- [Assigned task] Look through the material below. Return exactly the lines from the one with "split_commands pkt (cmd" through the one with "not (is_set pkt.delay_command)", both included.

- [Supplied records]
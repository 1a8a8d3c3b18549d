-- ===== src/Sphinx/Header.antt =====
-- `createHeader` of core/sphinx/sphinx.go, for the NIKE variant. Its loops are functions of their
-- own: the key material by hop, the key streams and paddings by hop, and the routing information
-- from the last hop back to the first.
pub mod Agreement
pub mod Streams
use katzenpost_wt.Prelude.{
  ℕ, suc, ◌+◌, ◌-◌, ◌*◌, Bool, true, false, not, ◌&&◌, List, [], ◌∷◌, ◌++◌, Option, none, some, Run,
  ok, err, panic, ◌>>=◌, ◌>>◌, ltb, ◌==◌, if◌then◌else◌, length, take, drop, replicate, or_panic,
  or_fail, refuse_if,
}
use katzenpost_wt.Prelude.Bytes.{copy_array}
use katzenpost_wt.Prelude.Xor.{xor_list}
use katzenpost_wt.Sphinx.Geometry.{Geometry, node_id_length, mac_length}
use katzenpost_wt.Sphinx.Commands.{
  RoutingCommand, next_node_hop, recipient, surb_reply, node_delay, to_bytes,
}
use katzenpost_wt.Sphinx.Crypto.{
  Primitives, PacketKeys, kdf, key_stream, SphinxError, key_generation, entropy, invalid_path,
  next_node_hop_given, oversized, no_capacity,
}

abbrev pub v0_ad : List ℕ
v0_ad = 0x00 ∷ 0x00 ∷ []

-- `xorBytes` panics on slices of different lengths.
unfoldable pub xor_bytes : List ℕ → List ℕ → Run SphinxError (List ℕ)
xor_bytes a b = if length a == length b then ok (xor_list a b) else panic

unfoldable pub is_next_node_hop : RoutingCommand → Bool
is_next_node_hop (next_node_hop id mac) = true
is_next_node_hop (recipient id) = false
is_next_node_hop (surb_reply id) = false
is_next_node_hop (node_delay delay) = false

unfoldable pub serialize : List RoutingCommand → List ℕ → Run SphinxError (List ℕ)
serialize [] b = ok b
serialize (cmd ∷ cmds) b =
    let more = serialize cmds (to_bytes cmd b) in
    if is_next_node_hop cmd then err next_node_hop_given else more

-- The buffer's capacity is `PerHopRoutingInfoLength`: it has not grown when its length is at most
-- that.
unfoldable pub commands_to_bytes : Geometry → List RoutingCommand → Bool → Run SphinxError (List ℕ)
unfolding serialize is_next_node_hop
commands_to_bytes g cmds is_terminal = do
  b ← serialize cmds []
  refuse_if (ltb g.per_hop_routing_info_length (length b)) oversized
  refuse_if
      (not is_terminal && ltb (g.per_hop_routing_info_length - length b) g.next_node_hop_length)
      no_capacity
  ok b

-- `riKeyStream[i]` and `riPadding[i]`.
pub record HopStream : Type 0 where
  pub ri_key_stream : List ℕ
  pub ri_padding : List ℕ

-- The part of the stream past `ksLen`, with the previous hop's padding mixed into its front.
mix_padding : Option (List ℕ) → List ℕ → Run SphinxError (List ℕ)
mix_padding none own = ok own
mix_padding (some before) own = if ltb (length own) (length before) then panic else do
  front ← xor_bytes (take (length before) own) before
  ok (front ++ drop (length before) own)

-- `riPadding[i-1]`, written to the MAC if `i > 0`.
abbrev pub padding_or_nil : Option (List ℕ) → List ℕ
padding_or_nil none = []
padding_or_nil (some p) = p

module _ (P : Primitives) where
  open P use {
    PublicKey, PrivateKey, encode_key, decode_key, public_key, derive_secret, blind, blind_in_place,
    hmac,
  }

  pub record PathHop : Type 0 where
    pub id : List ℕ
    pub nike_public_key : PublicKey
    pub commands : List RoutingCommand

  -- What the random sources give: `GenerateKeyPair`, and `ReadFull` of so many bytes.
  pub record Entropy : Type 0 where
    pub key_pair : Option PrivateKey
    pub random : ℕ → Option (List ℕ)

  -- A hop's group element and keys.
  pub record HopKeys : Type 0 where
    pub element : PublicKey
    pub keys : PacketKeys P

  -- The inner loop over `j`: blind the secret by every earlier factor.
  blind_secret : List ℕ → List PrivateKey → Run SphinxError (List ℕ)
  blind_secret secret [] = ok secret
  blind_secret secret (f ∷ fs) = do
    pub_key ← or_panic (decode_key secret)
    blind_secret (encode_key (blind pub_key f)) fs

  -- The loop over the hops after the first. `factors` are those of the hops so far, in order, and
  -- `last` is the latest.
  later_keys :
      PrivateKey
      → PublicKey
      → List PrivateKey
      → PrivateKey
      → List PathHop
      → Run SphinxError (List HopKeys)
  later_keys client pub_key factors last [] = ok []
  later_keys client pub_key factors last (hop ∷ hops) = do
    secret ← blind_secret (derive_secret client hop.nike_public_key) factors
    keys ← kdf P secret
    blinded ← or_panic (blind_in_place pub_key last)
    element ← or_panic (decode_key (encode_key blinded))
    let factor = keys.blinding_factor
    more ← later_keys client blinded (factors ++ factor ∷ []) factor hops
    ok (record { element = element; keys = keys } ∷ more)

  -- `path[0]` panics on an empty path.
  unfoldable pub hop_keys : PrivateKey → List PathHop → Run SphinxError (List HopKeys)
  unfolding blind_secret later_keys
  hop_keys client [] = panic
  hop_keys client (hop ∷ hops) = do
    keys ← kdf P (derive_secret client hop.nike_public_key)
    element ← or_panic (decode_key (encode_key (public_key client)))
    let factor = keys.blinding_factor
    more ← later_keys client (public_key client) (factor ∷ []) factor hops
    ok (record { element = element; keys = keys } ∷ more)

  -- Round `i` and those after it.
  unfoldable pub hop_streams :
      Geometry → ℕ → Option (List ℕ) → List HopKeys → Run SphinxError (List HopStream)
  unfolding mix_padding
  hop_streams g i before [] = ok []
  hop_streams g i before (h ∷ hs) =
      let per_hop = g.per_hop_routing_info_length in
      let stream =
        key_stream P h.keys.header_encryption h.keys.header_encryption_iv
          (g.routing_info_length + per_hop) in
      let cut = length stream - (i + 1) * per_hop in
      if ltb (length stream) ((i + 1) * per_hop) then panic else do
        padding ← mix_padding before (drop cut stream)
        more ← hop_streams g (suc i) (some padding) hs
        ok (record { ri_key_stream = take cut stream; ri_padding = padding } ∷ more)

  -- The commands of one hop, with `NextNodeHop` unless the hop is the last, padded with zeros.
  unfoldable pub hop_fragment :
      Geometry → PathHop → Option PathHop → List ℕ → Run SphinxError (List ℕ)
  hop_fragment g hop none mac = do
    b ← commands_to_bytes g hop.commands true
    ok (b ++ replicate (g.per_hop_routing_info_length - length b) 0)
  hop_fragment g hop (some next) mac = do
    b ← commands_to_bytes g hop.commands false
    let id = copy_array node_id_length next.id
    let full = to_bytes (next_node_hop id (copy_array mac_length mac)) b
    ok (full ++ replicate (g.per_hop_routing_info_length - length full) 0)

  abbrev pub next_hop : List PathHop → Option PathHop
  next_hop [] = none
  next_hop (h ∷ hs) = some h

  -- The loop from the last hop down: its result is the routing information and the MAC of the
  -- first of the hops. Hops, keys and streams are lists of one length.
  unfoldable pub routing :
      Geometry
      → List ℕ
      → Option (List ℕ)
      → List PathHop
      → List HopKeys
      → List HopStream
      → Run SphinxError (List ℕ × List ℕ)
  routing g filler before (hop ∷ hops) (k ∷ ks) (s ∷ ss) = do
    (info, mac) ← routing g filler (some s.ri_padding) hops ks ss
    fragment ← hop_fragment g hop (next_hop hops) mac
    mixed ← xor_bytes (fragment ++ info) s.ri_key_stream
    let covered = ((v0_ad ++ encode_key k.element) ++ mixed) ++ padding_or_nil before
    ok (mixed, hmac k.keys.header_mac covered)
  routing g filler before _ _ _ = ok (filler, [])

  -- `sprpKey`, the payload key and IV of a hop.
  pub record SprpKey : Type 0 where
    pub key : List ℕ
    pub iv : List ℕ

  abbrev pub sprp_key : HopKeys → SprpKey
  sprp_key h = record { key = h.keys.payload_encryption; iv = h.keys.header_encryption_iv }

  abbrev pub sprp_keys : List HopKeys → List SprpKey
  sprp_keys [] = []
  sprp_keys (h ∷ hs) = sprp_key h ∷ sprp_keys hs

  -- The random stand-in for the hops that the path does not use.
  unfoldable pub filler_of : Geometry → Entropy → ℕ → Run SphinxError (List ℕ)
  filler_of g source used =
      let skipped = g.nr_hops - used in
      if ltb 0 skipped
      then or_fail (source.random (skipped * g.per_hop_routing_info_length)) entropy
      else ok []

  abbrev pub first_element : List HopKeys → List ℕ
  first_element [] = []
  first_element (h ∷ hs) = encode_key h.element

  unfoldable pub create_header :
      Geometry → Entropy → List PathHop → Run SphinxError (List ℕ × List SprpKey)
  unfolding hop_fragment routing filler_of
  create_header g source path = do
    refuse_if (ltb g.nr_hops (length path)) invalid_path
    client ← or_fail source.key_pair key_generation
    keys ← hop_keys client path
    streams ← hop_streams g 0 none keys
    filler ← filler_of g source (length path)
    (info, mac) ← routing g filler none path keys streams
    ok (((v0_ad ++ first_element keys) ++ info) ++ mac, sprp_keys keys)
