-- ===== src/Sphinx/Packet.antt =====
-- `newNikePacket` and `unwrapNike` of core/sphinx/sphinx.go. `Unwrap` transforms the packet in
-- place: the new packet is a part of the result.
pub mod Parsing
pub mod Step
pub mod Hop
pub mod Slicing
pub mod Correct
pub mod Route
pub mod Layer
pub mod Delivery
pub mod Parts
pub mod Fragment
pub mod Fuel
use katzenpost_wt.Prelude.{
  ℕ, zero, suc, ◌+◌, ◌-◌, not, ◌&&◌, List, [], ◌∷◌, ◌++◌, Option, none, some, Run, ok, err, panic,
  ◌>>=◌, ◌>>◌, ltb, leb, ◌==◌, if◌then◌else◌, length, take, drop, replicate, or_panic, or_fail,
  refuse_if,
}
use katzenpost_wt.Prelude.Bytes.{ct_is_zero, overwrite, bytes_eq}
use katzenpost_wt.Sphinx.Geometry.{Geometry, mac_length}
use katzenpost_wt.Sphinx.Commands.{
  RoutingCommand, next_node_hop, recipient, surb_reply, node_delay, from_bytes,
}
use katzenpost_wt.Sphinx.Crypto.{
  Primitives, PacketKeys, kdf, xor_key_stream, sprp_encrypt, sprp_decrypt, SphinxError,
  payload_length,
}
use katzenpost_wt.Sphinx.Header.{v0_ad, PathHop, Entropy, SprpKey, create_header}

-- Why a packet was not unwrapped.
pub data Reason : Type 0 where
  truncated unknown_version bad_element mac_mismatch bad_command null_with_rest : Reason
  two_next_nodes two_surb_replies truncated_payload invalid_tag out_of_fuel : Reason

-- The error, with the replay tag if it was computed before.
pub data UnwrapError : Type 0 where
  failed : (tag : Option (List ℕ)) → Reason → UnwrapError

-- `b[lo:hi]`, and `copy(b[lo:hi], src)`; out of range they panic.
unfoldable pub sub_slice : ℕ → ℕ → List ℕ → Run UnwrapError (List ℕ)
sub_slice lo hi b =
    if leb lo hi && leb hi (length b) then ok (take (hi - lo) (drop lo b)) else panic

unfoldable pub copy_at : ℕ → ℕ → List ℕ → List ℕ → Run UnwrapError (List ℕ)
copy_at lo hi src b =
    if leb lo hi && leb hi (length b)
    then ok (take lo b ++ (overwrite (take (hi - lo) (drop lo b)) src ++ drop hi b))
    else panic

-- The variables of the loop that parses commands.
pub record ParseState : Type 0 where
  pub next_node : Option (List ℕ × List ℕ)
  pub surb_reply_id : Option (List ℕ)
  pub commands : List RoutingCommand

abbrev pub parse_start : ParseState
parse_start = record { next_node = none; surb_reply_id = none; commands = [] }

-- The `switch` on the command, and the `append`.
pub note_command : RoutingCommand → ParseState → Run Reason ParseState
note_command (next_node_hop id mac) s = elim s.next_node [
  | none ↦
      ok (record s {
        next_node = some (id, mac);
        commands = s.commands ++ next_node_hop id mac ∷ [];
      })
  | some _ ↦ err two_next_nodes
]
note_command (surb_reply id) s = elim s.surb_reply_id [
  | none ↦ ok (record s { surb_reply_id = some id; commands = s.commands ++ surb_reply id ∷ [] })
  | some _ ↦ err two_surb_replies
]
note_command (recipient id) s = ok (record s { commands = s.commands ++ recipient id ∷ [] })
note_command (node_delay d) s = ok (record s { commands = s.commands ++ node_delay d ∷ [] })

-- Each command takes a byte at least: one more round than the buffer has bytes is enough fuel.
-- A `nil` rest is an empty buffer for the next round.
unfoldable pub parse_commands : ℕ → Geometry → List ℕ → ParseState → Run Reason ParseState
unfolding note_command
parse_commands zero g buf s = err out_of_fuel
parse_commands (suc fuel) g buf s = elim (from_bytes buf g) [
  | err e ↦ err bad_command
  | panic ↦ panic
  | ok (none, none) ↦ ok s
  | ok (none, some rest) ↦ err null_with_rest
  | ok (some cmd, none) ↦ note_command cmd s >>= parse_commands fuel g []
  | ok (some cmd, some rest) ↦ note_command cmd s >>= parse_commands fuel g rest
]

unfoldable pub tagged {ℓ} : {A : Type ℓ} → List ℕ → Run Reason A → Run UnwrapError A
tagged tag (ok a) = ok a
tagged tag (err r) = err (failed (some tag) r)
tagged tag panic = panic

pub record Unwrapped : Type 0 where
  pub payload : Option (List ℕ)
  pub tag : List ℕ
  pub commands : List RoutingCommand
  pub packet : List ℕ

module _ (P : Primitives) where
  open P use {
    PublicKey, PrivateKey, public_key_size, encode_key, decode_key, derive_secret, blind_in_place,
    hmac, sha512_256,
  }

  unfoldable pub encrypt_layers : List (SprpKey P) → List ℕ → List ℕ
  encrypt_layers [] b = b
  encrypt_layers (k ∷ ks) b = sprp_encrypt P k.key k.iv (encrypt_layers ks b)

  -- `zeroBytes[:PayloadTagLength]` panics if a hop's routing information is shorter.
  unfoldable pub new_nike_packet :
      Geometry → Entropy P → List (PathHop P) → List ℕ → Run SphinxError (List ℕ)
  unfolding encrypt_layers
  new_nike_packet g source path payload = do
    refuse_if (not (length payload == g.forward_payload_length)) payload_length
    (hdr, keys) ← create_header P g source path
    let body = replicate g.payload_tag_length 0 ++ payload
    if ltb g.per_hop_routing_info_length g.payload_tag_length
        then panic
        else ok (hdr ++ overwrite body (encrypt_layers keys body))

  -- The transformation for the next mix.
  unfoldable pub forward_packet :
      ℕ
      → ℕ
      → ℕ
      → PublicKey
      → PrivateKey
      → List ℕ
      → List ℕ
      → List ℕ
      → List ℕ
      → Run UnwrapError (List ℕ)
  forward_packet ri_off mac_off payload_off element factor info mac payload pkt = do
    blinded ← or_panic (blind_in_place element factor)
    pkt1 ← copy_at 2 ri_off (encode_key blinded) pkt
    pkt2 ← copy_at ri_off mac_off info pkt1
    pkt3 ← copy_at mac_off payload_off mac pkt2
    copy_at payload_off (length pkt3) payload pkt3

  -- The end of a packet that stops here.
  unfoldable pub final_payload :
      Geometry → List ℕ → Option (List ℕ) → List ℕ → Run UnwrapError (List ℕ)
  final_payload g tag surb payload = do
    refuse_if (ltb (length payload) g.payload_tag_length) (failed (some tag) truncated_payload)
    elim surb [
      | some id ↦ ok payload
      | none ↦ do
        refuse_if (not (ct_is_zero (take g.payload_tag_length payload)))
            (failed (some tag) invalid_tag)
        ok (drop g.payload_tag_length payload)
    ]

  -- What follows the parsed commands: the payload, and the packet for the next hop or the end.
  unfoldable pub finish :
      Geometry
      → PacketKeys P
      → PublicKey
      → List ℕ
      → List ℕ
      → ParseState
      → List ℕ
      → Run UnwrapError Unwrapped
  unfolding forward_packet final_payload
  finish g keys element tag new_info s pkt =
      let ri_off = 2 + public_key_size in
      let mac_off = ri_off + g.routing_info_length in
      let payload_off = mac_off + mac_length in
      do
        body ← sub_slice payload_off (length pkt) pkt
        payload ←
            if ltb 0 (length body)
            then sprp_decrypt P keys.payload_encryption keys.header_encryption_iv body
            else ok body
        elim s.next_node [
          | some (id, mac) ↦ do
            next ←
                forward_packet ri_off mac_off payload_off element keys.blinding_factor new_info mac
                  payload pkt
            ok (record { payload = none; tag = tag; commands = s.commands; packet = next })
          | none ↦ do
            final ← final_payload g tag s.surb_reply_id payload
            ok (record { payload = some final; tag = tag; commands = s.commands; packet = pkt })
        ]

  unfoldable pub unwrap_nike : Geometry → PrivateKey → List ℕ → Run UnwrapError Unwrapped
  unfolding tagged
  unwrap_nike g private_key pkt =
      let ri_off = 2 + public_key_size in
      let mac_off = ri_off + g.routing_info_length in
      let payload_off = mac_off + mac_length in
      do
        refuse_if (ltb (length pkt) g.header_length) (failed none truncated)
        version ← sub_slice 0 2 pkt
        refuse_if (not (bytes_eq v0_ad version)) (failed none unknown_version)
        element_bytes ← sub_slice 2 ri_off pkt
        element ← or_fail (decode_key element_bytes) (failed none bad_element)
        let tag = sha512_256 (encode_key element)
        keys ← kdf P (derive_secret private_key element)
        covered ← sub_slice 0 mac_off pkt
        mac ← sub_slice mac_off payload_off pkt
        refuse_if (not (bytes_eq mac (hmac keys.header_mac covered)))
            (failed (some tag) mac_mismatch)
        info ← sub_slice ri_off mac_off pkt
        let b =
            xor_key_stream P keys.header_encryption keys.header_encryption_iv
              (info ++ replicate g.per_hop_routing_info_length 0)
        let buf = take g.per_hop_routing_info_length b
        s ← tagged tag (parse_commands (suc (length buf)) g buf parse_start)
        finish g keys element tag (drop g.per_hop_routing_info_length b) s pkt
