-- ===== src/Server/Packet.antt =====
-- server/internal/packet/packet.go: a packet, its commands and its payload. Times and durations are
-- in nanoseconds; a Go `nil` is `none`. The buffer pools are left out.
use katzenpost_wt.Prelude.{
  ℕ, ◌+◌, Bool, true, false, not, ◌&&◌, List, [], ◌∷◌, Option, none, some, Run, ok, err, refuse_if,
  panic_unless, ◌>>=◌, ◌>>◌, length, take, drop, get_or, ltb, ◌==◌, if◌then◌else◌,
}
use katzenpost_wt.Sphinx.Geometry.{Geometry}
use katzenpost_wt.Sphinx.Commands.{RoutingCommand, next_node_hop, node_delay, recipient, surb_reply}

pub record Packet : Type 0 where
  pub raw : List ℕ
  pub payload : Option (List ℕ)
  pub next_hop : Option (List ℕ × List ℕ)
  pub delay_command : Option ℕ
  pub recipient_id : Option (List ℕ)
  pub surb_id : Option (List ℕ)
  pub id : ℕ
  pub delay : ℕ
  pub recv_at : ℕ
  pub dispatch_at : ℕ
  pub must_forward : Bool
  pub must_terminate : Bool

abbrev pub is_set {ℓ} : {A : Type ℓ} → Option A → Bool
is_set none = false
is_set (some a) = true

-- One round of the loop of `splitCommands`: `none` for a redundant command.
unfoldable pub split_command : Packet → RoutingCommand → Option Packet
split_command pkt (next_node_hop id mac) =
    if is_set pkt.next_hop then none else some (record pkt { next_hop = some (id, mac) })
split_command pkt (node_delay delay) =
    if is_set pkt.delay_command then none else some (record pkt { delay_command = some delay })
split_command pkt (recipient id) =
    if is_set pkt.recipient_id then none else some (record pkt { recipient_id = some id })
split_command pkt (surb_reply id) =
    if is_set pkt.surb_id then none else some (record pkt { surb_id = some id })

-- What the packet holds at the end, and whether every command went in.
unfoldable pub split_commands : Packet → List RoutingCommand → Packet × Bool
unfolding split_command
split_commands pkt [] = (pkt, true)
split_commands pkt (cmd ∷ cmds) = elim (split_command pkt cmd) [
  | none ↦ (pkt, false)
  | some next ↦ split_commands next cmds
]

-- `Packet.Set`, with what `Unwrap` has left in the raw packet.
unfoldable pub set_unwrapped :
    Packet → List ℕ → Option (List ℕ) → List RoutingCommand → Packet × Bool
unfolding split_commands
set_unwrapped pkt raw payload cmds =
    split_commands (record pkt { raw = raw; payload = payload }) cmds

unfoldable pub is_forward : Packet → Bool
is_forward pkt =
    is_set pkt.next_hop
    && is_set pkt.delay_command
    && not (is_set pkt.recipient_id)
    && not (is_set pkt.surb_id)

unfoldable pub is_to_user : Packet → Bool
is_to_user pkt =
    not (is_set pkt.next_hop)
    && is_set pkt.delay_command
    && is_set pkt.recipient_id
    && not (is_set pkt.surb_id)

unfoldable pub is_surb_reply : Packet → Bool
is_surb_reply pkt =
    not (is_set pkt.next_hop)
    && not (is_set pkt.delay_command)
    && is_set pkt.recipient_id
    && is_set pkt.surb_id

pub data ForwardError : Type 0 where
  invalid_length truncated_block invalid_reserved invalid_flags mis_sized : ForwardError

-- The payload of a forward packet, with a SURB where the flags say so.
forward_surb : Geometry → ℕ → List ℕ → Run ForwardError (Option (List ℕ))
forward_surb g hdr_length b =
    if get_or b 0 0 == 0
    then ok none
    else (if get_or b 0 0 == 1
        then ok (some (drop g.sphinx_plaintext_header_length (take hdr_length b)))
        else err invalid_flags)

unfoldable pub parse_forward_packet :
    Geometry → List ℕ → Run ForwardError (List ℕ × Option (List ℕ))
unfolding forward_surb
parse_forward_packet g b =
    let hdr_length = g.sphinx_plaintext_header_length + g.surb_length in
    do
      refuse_if (not (length b == g.forward_payload_length)) invalid_length
      refuse_if (ltb (length b) hdr_length) truncated_block
      panic_unless (ltb 1 (length b))
      refuse_if (not (get_or b 1 0 == 0)) invalid_reserved
      surb ← forward_surb g hdr_length b
      let ct = drop hdr_length b
      refuse_if (not (length ct == g.user_forward_payload_length)) mis_sized
      ok (ct, surb)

- [Reply]
split_commands pkt (cmd ∷ cmds) = elim (split_command pkt cmd) [
  | none ↦ (pkt, false)
  | some next ↦ split_commands next cmds
]

-- `Packet.Set`, with what `Unwrap` has left in the raw packet.
unfoldable pub set_unwrapped :
    Packet → List ℕ → Option (List ℕ) → List RoutingCommand → Packet × Bool
unfolding split_commands
set_unwrapped pkt raw payload cmds =
    split_commands (record pkt { raw = raw; payload = payload }) cmds

unfoldable pub is_forward : Packet → Bool
is_forward pkt =
    is_set pkt.next_hop
    && is_set pkt.delay_command
    && not (is_set pkt.recipient_id)
    && not (is_set pkt.surb_id)

unfoldable pub is_to_user : Packet → Bool
is_to_user pkt =
    not (is_set pkt.next_hop)
    && is_set pkt.delay_command
    && is_set pkt.recipient_id
    && not (is_set pkt.surb_id)

unfoldable pub is_surb_reply : Packet → Bool
is_surb_reply pkt =
    not (is_set pkt.next_hop)
    && not (is_set pkt.delay_command)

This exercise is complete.